> **ACTION ITEM**: All lines from the line containing "debits-insert_by l (order_by" up to and including the last line of the listing below should be echoed exactly; no other lines belong in the response.

—————

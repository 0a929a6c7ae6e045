-- ===== src/Domain/Balance.antt =====
-- The checks of an entity on itself (entity.go): FiscalPeriod.CanPost, AccountMove.ValidateBalance,
-- ValidateCanModify and ValidateCanReverse.
use cashflow_backend.Base.{
  ◌≤◌, ◌≡◌, refl, ◌↔◌, inl, inr, Bool, false, ◌&&◌, ◌||◌, List, [], ◌∷◌, length, All, arith, ltb,
  Bool-cases, ok, ◌>>=◌, ◌>>◌, guard, fail_if, fail_if-eq-ok, >>=-eq-ok, insert_by, order_by,
  length-order_by, All-order_by, ap, sym, ◌∙◌,
}
use cashflow_backend.Base.Int.{
  pos, ◌+ℤ◌, ◌<ℤ◌, ◌≤ℤ◌, ltb_ℤ, eqb_ℤ, +ℤ_parts, +ℤ-zero, +ℤ_assoc, +ℤ_left_comm, zero-+ℤ,
  eqb_ℤ_iff,
}
use cashflow_backend.Domain.Types.{
  Decimal, AccountMoveLine, AccountMove, FiscalPeriod, is_open, is_draft, is_posted,
}
use cashflow_backend.Domain.Errors.{
  Fallible, period_closed, move_requires_at_least_two_lines, negative_amounts_not_allowed,
  zero_amount_line, unbalanced_move, move_already_posted, cannot_reverse_unposted_move,
}

abbrev pub is_negative : Decimal → Bool
is_negative a = ltb_ℤ a (pos 0)

abbrev pub is_zero : Decimal → Bool
is_zero a = eqb_ℤ a (pos 0)

abbrev pub is_positive : Decimal → Bool
is_positive a = ltb_ℤ (pos 0) a

-- FiscalPeriod.CanPost
abbrev pub can_post : FiscalPeriod → Fallible (Unit {0})
can_post p = guard (is_open p.state) period_closed

-- The loop of ValidateBalance, with the two running totals.
unfoldable pub total_lines : Decimal → Decimal → List AccountMoveLine → Fallible (Decimal × Decimal)
total_lines d c [] = ok (d, c)
total_lines d c (l ∷ ls) = do
  fail_if (is_negative l.debit || is_negative l.credit) negative_amounts_not_allowed
  fail_if (is_zero l.debit && is_zero l.credit) zero_amount_line
  total_lines (d +ℤ l.debit) (c +ℤ l.credit) ls

unfoldable pub check_totals : Decimal × Decimal → Fallible (Unit {0})
check_totals (d, c) = guard (eqb_ℤ d c) unbalanced_move

-- AccountMove.ValidateBalance, which reads the lines only
unfoldable pub validate_balance : List AccountMoveLine → Fallible (Unit {0})
unfolding total_lines check_totals
validate_balance ls = do
  fail_if (ltb (length ls) 2) move_requires_at_least_two_lines
  total_lines (pos 0) (pos 0) ls >>= check_totals

-- AccountMove.ValidateCanModify
abbrev pub validate_can_modify : AccountMove → Fallible (Unit {0})
validate_can_modify m = guard (is_draft m.state) move_already_posted

-- AccountMove.ValidateCanReverse
abbrev pub validate_can_reverse : AccountMove → Fallible (Unit {0})
validate_can_reverse m = guard (is_posted m.state) cannot_reverse_unposted_move

-- What the double-entry rule says, with no loop: plain sums, and a condition on each line.
unfoldable pub debits : List AccountMoveLine → Decimal
debits [] = pos 0
debits (l ∷ ls) = l.debit +ℤ debits ls

unfoldable pub credits : List AccountMoveLine → Decimal
credits [] = pos 0
credits (l ∷ ls) = l.credit +ℤ credits ls

pub record IsEntry (l : AccountMoveLine) : Type 0 where
  pub debit_nonneg : pos 0 ≤ℤ l.debit
  pub credit_nonneg : pos 0 ≤ℤ l.credit
  pub nonzero : pos 0 <ℤ (l.debit +ℤ l.credit)

pub record IsBalanced (ls : List AccountMoveLine) : Type 0 where
  pub enough : 2 ≤ length ls
  pub entries : All IsEntry ls
  pub equal : debits ls ≡ credits ls

-- One line: the two tests of the loop pass exactly for an entry.
tests_of_IsEntry :
    (l : AccountMoveLine)
    → IsEntry l
    → ((is_negative l.debit || is_negative l.credit) ≡ false)
      × ((is_zero l.debit && is_zero l.credit) ≡ false)
tests_of_IsEntry l h = ground (arith, +ℤ_parts l.debit l.credit)

IsEntry-of_tests :
    (l : AccountMoveLine)
    → (is_negative l.debit || is_negative l.credit) ≡ false
    → (is_zero l.debit && is_zero l.credit) ≡ false
    → IsEntry l
IsEntry-of_tests l p q = ground (arith, +ℤ_parts l.debit l.credit)

total_lines-ok :
    (d c : Decimal) (ls : List AccountMoveLine)
    → All IsEntry ls
    → total_lines d c ls ≡ ok (d +ℤ debits ls, c +ℤ credits ls)
unfolding total_lines debits credits
total_lines-ok d c [] h = ground (arith, +ℤ-zero d, +ℤ-zero c)
total_lines-ok d c (l ∷ ls) h =
    let (p, q) = tests_of_IsEntry l h.0 in
    rw (p, q, total_lines-ok (d +ℤ l.debit) (c +ℤ l.credit) ls h.1, +ℤ_assoc, +ℤ_assoc)

total_lines_inv :
    (d c : Decimal) (ls : List AccountMoveLine) {r : Decimal × Decimal}
    → total_lines d c ls ≡ ok r
    → All IsEntry ls
unfolding total_lines
total_lines_inv d c [] h = tt
total_lines_inv d c (l ∷ ls) h =
    let (p, h') = fail_if-eq-ok _ _ _ h in
    let (q, h'') = fail_if-eq-ok _ _ _ h' in
    (IsEntry-of_tests l p q, total_lines_inv (d +ℤ l.debit) (c +ℤ l.credit) ls h'')

pub validate_balance_of_IsBalanced :
    (ls : List AccountMoveLine) → IsBalanced ls → validate_balance ls ≡ ok tt
unfolding validate_balance
validate_balance_of_IsBalanced ls h =
    let enough : ltb (length ls) 2 ≡ false = ground (arith, h.enough) in
    rw (enough, total_lines-ok (pos 0) (pos 0) ls h.entries)
      (ground (arith, h.equal, zero-+ℤ (debits ls), zero-+ℤ (credits ls)))

pub IsBalanced-of_validate_balance :
    (ls : List AccountMoveLine) → validate_balance ls ≡ ok tt → IsBalanced ls
unfolding validate_balance
IsBalanced-of_validate_balance ls h =
    let (enough, h') = fail_if-eq-ok _ _ _ h in
    let (totals, e, h'') = >>=-eq-ok _ _ h' in
    let entries = total_lines_inv (pos 0) (pos 0) ls e in
    record {
      enough = ground arith;
      entries = entries;
      equal = ground (
        arith,
        total_lines-ok (pos 0) (pos 0) ls entries,
        zero-+ℤ (debits ls),
        zero-+ℤ (credits ls),
        eqb_ℤ_iff (debits ls) (credits ls),
      );
    }

-- The order of the lines does not matter to the double-entry rule.
module _ (before : AccountMoveLine → AccountMoveLine → Bool) where
  debits-insert_by :
      (l : AccountMoveLine) (ls : List AccountMoveLine)
      → debits (insert_by before l ls) ≡ l.debit +ℤ debits ls
  unfolding debits insert_by
  debits-insert_by l [] = refl
  debits-insert_by l (x ∷ xs) = elim (Bool-cases (before l x)) [
    | inl e ↦ rw e
    | inr e ↦ rw (e, debits-insert_by l xs) (+ℤ_left_comm x.debit l.debit (debits xs))
  ]

  credits-insert_by :
      (l : AccountMoveLine) (ls : List AccountMoveLine)
      → credits (insert_by before l ls) ≡ l.credit +ℤ credits ls
  unfolding credits insert_by
  credits-insert_by l [] = refl
  credits-insert_by l (x ∷ xs) = elim (Bool-cases (before l x)) [
    | inl e ↦ rw e
    | inr e ↦ rw (e, credits-insert_by l xs) (+ℤ_left_comm x.credit l.credit (credits xs))
  ]

  pub debits-order_by : (ls : List AccountMoveLine) → debits (order_by before ls) ≡ debits ls
  unfolding debits order_by
  debits-order_by [] = refl
  debits-order_by (l ∷ ls) =
      debits-insert_by l (order_by before ls) ∙ ap (λ s. l.debit +ℤ s) (debits-order_by ls)

  pub credits-order_by : (ls : List AccountMoveLine) → credits (order_by before ls) ≡ credits ls
  unfolding credits order_by
  credits-order_by [] = refl
  credits-order_by (l ∷ ls) =
      credits-insert_by l (order_by before ls) ∙ ap (λ s. l.credit +ℤ s) (credits-order_by ls)

  pub order_by-IsBalanced :
      (ls : List AccountMoveLine) → IsBalanced ls → IsBalanced (order_by before ls)
  order_by-IsBalanced ls h = record {
    enough = omega (arith, length-order_by before ls);
    entries = All-order_by IsEntry before ls h.entries;
    equal = debits-order_by ls ∙ h.equal ∙ sym (credits-order_by ls);
  }

-- ValidateBalance accepts a journal entry exactly when it has two lines or more, each line has no
-- negative amount and one that is positive, and the debits and the credits have the same sum.
pub validate_balance_iff :
    (ls : List AccountMoveLine) → (validate_balance ls ≡ ok tt) ↔ IsBalanced ls
validate_balance_iff ls = (IsBalanced-of_validate_balance ls, validate_balance_of_IsBalanced ls)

—————

> **EXERCISE ANSWER**:
      debits-insert_by l (order_by before ls) ∙ ap (λ s. l.debit +ℤ s) (debits-order_by ls)

  pub credits-order_by : (ls : List AccountMoveLine) → credits (order_by before ls) ≡ credits ls
  unfolding credits order_by
  credits-order_by [] = refl
  credits-order_by (l ∷ ls) =
      credits-insert_by l (order_by before ls) ∙ ap (λ s. l.credit +ℤ s) (credits-order_by ls)

  pub order_by-IsBalanced :
      (ls : List AccountMoveLine) → IsBalanced ls → IsBalanced (order_by before ls)
  order_by-IsBalanced ls h = record {
    enough = omega (arith, length-order_by before ls);
    entries = All-order_by IsEntry before ls h.entries;
    equal = debits-order_by ls ∙ h.equal ∙ sym (credits-order_by ls);
  }

-- ValidateBalance accepts a journal entry exactly when it has two lines or more, each line has no
-- negative amount and one that is positive, and the debits and the credits have the same sum.
pub validate_balance_iff :
    (ls : List AccountMoveLine) → (validate_balance ls ≡ ok tt) ↔ IsBalanced ls
validate_balance_iff ls = (IsBalanced-of_validate_balance ls, validate_balance_of_IsBalanced ls)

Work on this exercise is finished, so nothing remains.